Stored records
== Segment start ==

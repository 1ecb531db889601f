-- ===== src/Cons/Stdio/Digits.antt =====
-- Numbers printed by kern/cons/stdio.c, read back.
use zonix.Prelude.{
  ltb, leb, ◌==◌, if◌then◌else◌, eq-beq, Bool-cases, length, length-append, ℕ, zero, suc, ◌+◌, ◌-◌,
  ◌*◌, ◌/◌, ◌%◌, ◌^◌, ◌≤◌, ◌<◌, ◌≡◌, refl, sym, ap, ◌∙◌, inl, inr, false, [], ◌∷◌, arith,
}
use native.Mathlib.Nat.{
  zero-div, zero-mod, div-add-mod', mul-add-div_right, mul-add-mod_self_right, pow-suc,
  div-mul-le_self, le-div_iff_mul-le, div-eq_of_lt,
}
use zonix.Cons.Stdio.{
  Text, do_div, num_digits_loop, get_num_digits, digit_char, print_digit_no_pad_loop,
  print_digit_no_pad,
}

-- `do_div` is division with remainder.
pub do_div_lem : (n base : ℕ) → 0 < base → do_div n base ≡ (n / base, n % base)
unfolding do_div
do_div_lem n base pos = rw (high_quotient, high_remainder) (ground (arith, quotient, remainder))
  where
    high_quotient : (if n / 2 ^ 32 == 0 then n / 2 ^ 32 else n / 2 ^ 32 / base) ≡ n / 2 ^ 32 / base
    high_quotient = elim (Bool-cases (n / 2 ^ 32 == 0)) [
      | inl z ↦ rw (z, eq-beq (n / 2 ^ 32) 0 z, zero-div base)
      | inr p ↦ rw p
    ]

    high_remainder : (if n / 2 ^ 32 == 0 then n / 2 ^ 32 else n / 2 ^ 32 % base) ≡ n / 2 ^ 32 % base
    high_remainder = elim (Bool-cases (n / 2 ^ 32 == 0)) [
      | inl z ↦ rw (z, eq-beq (n / 2 ^ 32) 0 z, zero-mod base)
      | inr p ↦ rw p
    ]

    parts : n ≡ n / 2 ^ 32 / base * 2 ^ 32 * base + (n / 2 ^ 32 % base * 2 ^ 32 + n % 2 ^ 32)
    parts = omega (arith, div-add-mod' (n / 2 ^ 32) base)

    quotient :
        n / 2 ^ 32 / base * 2 ^ 32 + (n / 2 ^ 32 % base * 2 ^ 32 + n % 2 ^ 32) / base ≡ n / base
    quotient = sym (
        ap (λ x. x / base) parts
        ∙ mul-add-div_right pos (n / 2 ^ 32 / base * 2 ^ 32)
            (n / 2 ^ 32 % base * 2 ^ 32 + n % 2 ^ 32))

    remainder : (n / 2 ^ 32 % base * 2 ^ 32 + n % 2 ^ 32) % base ≡ n % base
    remainder = sym (
        ap (λ x. x % base) parts
        ∙ mul-add-mod_self_right (n / 2 ^ 32 / base * 2 ^ 32) base
            (n / 2 ^ 32 % base * 2 ^ 32 + n % 2 ^ 32))

-- The value of a digit character, and of a sequence of them.
abbrev digit_value : ℕ → ℕ
digit_value c = if ltb c b'A' then c - b'0' else c + 10 - b'A'

read_from : ℕ → ℕ → Text → ℕ
read_from base acc [] = acc
read_from base acc (c ∷ s) = read_from base (acc * base + digit_value c) s

pub read : ℕ → Text → ℕ
unfolding read_from
read base s = read_from base 0 s

-- A digit less halves the bound.
pub div-lt_half : (fuel num base : ℕ) → 1 < base → num < 2 ^ suc fuel → num / base < 2 ^ fuel
div-lt_half fuel num base b h =
    omega (arith, pow-suc 2 fuel, div-mul-le_self num base, twice (num / base))
  where
    twice : (q : ℕ) → q * 2 ≤ q * base
    twice q = grind arith

pub more_fuel : (num base k : ℕ) → 1 < base → base ≤ num → num < 2 ^ suc k → 0 < k
more_fuel num base zero b l h = absurd (omega arith)
more_fuel num base (suc k) b l h = omega arith

quotient_pos : (num base : ℕ) → 0 < base → base ≤ num → 0 < num / base
quotient_pos num base b h = (le-div_iff_mul-le {k = base} {x = 1} {y = num} b).1 (omega arith)

zero_digits : (fuel base : ℕ) → num_digits_loop fuel 0 base ≡ 0
unfolding num_digits_loop
zero_digits zero base = refl
zero_digits (suc fuel) base = refl

num_digits_loop-length :
    (fuel num base : ℕ)
    → 1 < base
    → 0 < num
    → num < 2 ^ fuel
    → num_digits_loop fuel num base ≡ length (print_digit_no_pad_loop fuel num base)
unfolding num_digits_loop print_digit_no_pad_loop
num_digits_loop-length zero num base b p h = absurd (omega arith)
num_digits_loop-length (suc fuel) num base b p h =
    let positive : (num == 0) ≡ false = ground arith in
    elim (Bool-cases (leb base num)) [
      | inl large ↦
          rw (positive, large, do_div_lem num base (omega arith))
            (omega (
              arith,
              num_digits_loop-length fuel (num / base) base b
                  (quotient_pos num base (omega arith) (ground arith))
                  (div-lt_half fuel num base b h),
              length-append (print_digit_no_pad_loop fuel (num / base) base)
                  (digit_char (num % base) ∷ []),
            ))
      | inr small ↦
          let none_left : num / base ≡ 0 = div-eq_of_lt (ground arith) in
          rw (positive, small, do_div_lem num base (omega arith), none_left, zero_digits fuel base)
    ]

zero-length : (fuel base : ℕ) → 1 < base → length (print_digit_no_pad_loop (suc fuel) 0 base) ≡ 1
unfolding print_digit_no_pad_loop
zero-length fuel base b = let small : leb base 0 ≡ false = ground arith in rw small

-- `get_num_digits` is the number of characters that `print_digit_no_pad` prints.
pub get_num_digits-length :
    (num base : ℕ)
    → 1 < base
    → num < 2 ^ 64
    → get_num_digits num base ≡ length (print_digit_no_pad num base)
unfolding get_num_digits print_digit_no_pad
get_num_digits-length num base b h = elim (Bool-cases (num == 0)) [
  | inl z ↦ rw (eq-beq num 0 z, zero-length 63 base b)
  | inr p ↦ rw p (num_digits_loop-length 64 num base b (ground arith) h)
]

== Segment end ==

--- Problem to solve ---
What is needed is an exact repetition of all the entries above.

--- Written response ---
repository 1ecb531db889601f
-- ===== src/Cons/Stdio/Digits.antt =====
-- Numbers printed by kern/cons/stdio.c, read back.
use zonix.Prelude.{
  ltb, leb, ◌==◌, if◌then◌else◌, eq-beq, Bool-cases, length, length-append, ℕ, zero, suc, ◌+◌, ◌-◌,
  ◌*◌, ◌/◌, ◌%◌, ◌^◌, ◌≤◌, ◌<◌, ◌≡◌, refl, sym, ap, ◌∙◌, inl, inr, false, [], ◌∷◌, arith,
}
use native.Mathlib.Nat.{
  zero-div, zero-mod, div-add-mod', mul-add-div_right, mul-add-mod_self_right, pow-suc,
  div-mul-le_self, le-div_iff_mul-le, div-eq_of_lt,
}
use zonix.Cons.Stdio.{
  Text, do_div, num_digits_loop, get_num_digits, digit_char, print_digit_no_pad_loop,
  print_digit_no_pad,
}

-- `do_div` is division with remainder.
pub do_div_lem : (n base : ℕ) → 0 < base → do_div n base ≡ (n / base, n % base)
unfolding do_div
do_div_lem n base pos = rw (high_quotient, high_remainder) (ground (arith, quotient, remainder))
  where
    high_quotient : (if n / 2 ^ 32 == 0 then n / 2 ^ 32 else n / 2 ^ 32 / base) ≡ n / 2 ^ 32 / base
    high_quotient = elim (Bool-cases (n / 2 ^ 32 == 0)) [
      | inl z ↦ rw (z, eq-beq (n / 2 ^ 32) 0 z, zero-div base)
      | inr p ↦ rw p
    ]

    high_remainder : (if n / 2 ^ 32 == 0 then n / 2 ^ 32 else n / 2 ^ 32 % base) ≡ n / 2 ^ 32 % base
    high_remainder = elim (Bool-cases (n / 2 ^ 32 == 0)) [
      | inl z ↦ rw (z, eq-beq (n / 2 ^ 32) 0 z, zero-mod base)
      | inr p ↦ rw p
    ]

    parts : n ≡ n / 2 ^ 32 / base * 2 ^ 32 * base + (n / 2 ^ 32 % base * 2 ^ 32 + n % 2 ^ 32)
    parts = omega (arith, div-add-mod' (n / 2 ^ 32) base)

    quotient :
        n / 2 ^ 32 / base * 2 ^ 32 + (n / 2 ^ 32 % base * 2 ^ 32 + n % 2 ^ 32) / base ≡ n / base
    quotient = sym (
        ap (λ x. x / base) parts
        ∙ mul-add-div_right pos (n / 2 ^ 32 / base * 2 ^ 32)
            (n / 2 ^ 32 % base * 2 ^ 32 + n % 2 ^ 32))

    remainder : (n / 2 ^ 32 % base * 2 ^ 32 + n % 2 ^ 32) % base ≡ n % base
    remainder = sym (
        ap (λ x. x % base) parts
        ∙ mul-add-mod_self_right (n / 2 ^ 32 / base * 2 ^ 32) base
            (n / 2 ^ 32 % base * 2 ^ 32 + n % 2 ^ 32))

-- The value of a digit character, and of a sequence of them.
abbrev digit_value : ℕ → ℕ
digit_value c = if ltb c b'A' then c - b'0' else c + 10 - b'A'

read_from : ℕ → ℕ → Text → ℕ
read_from base acc [] = acc
read_from base acc (c ∷ s) = read_from base (acc * base + digit_value c) s

pub read : ℕ → Text → ℕ
unfolding read_from
read base s = read_from base 0 s

-- A digit less halves the bound.
pub div-lt_half : (fuel num base : ℕ) → 1 < base → num < 2 ^ suc fuel → num / base < 2 ^ fuel
div-lt_half fuel num base b h =
    omega (arith, pow-suc 2 fuel, div-mul-le_self num base, twice (num / base))
  where
    twice : (q : ℕ) → q * 2 ≤ q * base
    twice q = grind arith

pub more_fuel : (num base k : ℕ) → 1 < base → base ≤ num → num < 2 ^ suc k → 0 < k
more_fuel num base zero b l h = absurd (omega arith)
more_fuel num base (suc k) b l h = omega arith

quotient_pos : (num base : ℕ) → 0 < base → base ≤ num → 0 < num / base
quotient_pos num base b h = (le-div_iff_mul-le {k = base} {x = 1} {y = num} b).1 (omega arith)

zero_digits : (fuel base : ℕ) → num_digits_loop fuel 0 base ≡ 0
unfolding num_digits_loop
zero_digits zero base = refl
zero_digits (suc fuel) base = refl

num_digits_loop-length :
    (fuel num base : ℕ)
    → 1 < base
    → 0 < num
    → num < 2 ^ fuel
    → num_digits_loop fuel num base ≡ length (print_digit_no_pad_loop fuel num base)
unfolding num_digits_loop print_digit_no_pad_loop
num_digits_loop-length zero num base b p h = absurd (omega arith)
num_digits_loop-length (suc fuel) num base b p h =
    let positive : (num == 0) ≡ false = ground arith in
    elim (Bool-cases (leb base num)) [
      | inl large ↦
          rw (positive, large, do_div_lem num base (omega arith))
            (omega (
              arith,
              num_digits_loop-length fuel (num / base) base b
                  (quotient_pos num base (omega arith) (ground arith))
                  (div-lt_half fuel num base b h),
              length-append (print_digit_no_pad_loop fuel (num / base) base)
                  (digit_char (num % base) ∷ []),
            ))
      | inr small ↦
          let none_left : num / base ≡ 0 = div-eq_of_lt (ground arith) in
          rw (positive, small, do_div_lem num base (omega arith), none_left, zero_digits fuel base)
    ]

zero-length : (fuel base : ℕ) → 1 < base → length (print_digit_no_pad_loop (suc fuel) 0 base) ≡ 1
unfolding print_digit_no_pad_loop
zero-length fuel base b = let small : leb base 0 ≡ false = ground arith in rw small

-- `get_num_digits` is the number of characters that `print_digit_no_pad` prints.
pub get_num_digits-length :
    (num base : ℕ)
    → 1 < base
    → num < 2 ^ 64
    → get_num_digits num base ≡ length (print_digit_no_pad num base)
unfolding get_num_digits print_digit_no_pad
get_num_digits-length num base b h = elim (Bool-cases (num == 0)) [
  | inl z ↦ rw (eq-beq num 0 z, zero-length 63 base b)
  | inr p ↦ rw p (num_digits_loop-length 64 num base b (ground arith) h)
]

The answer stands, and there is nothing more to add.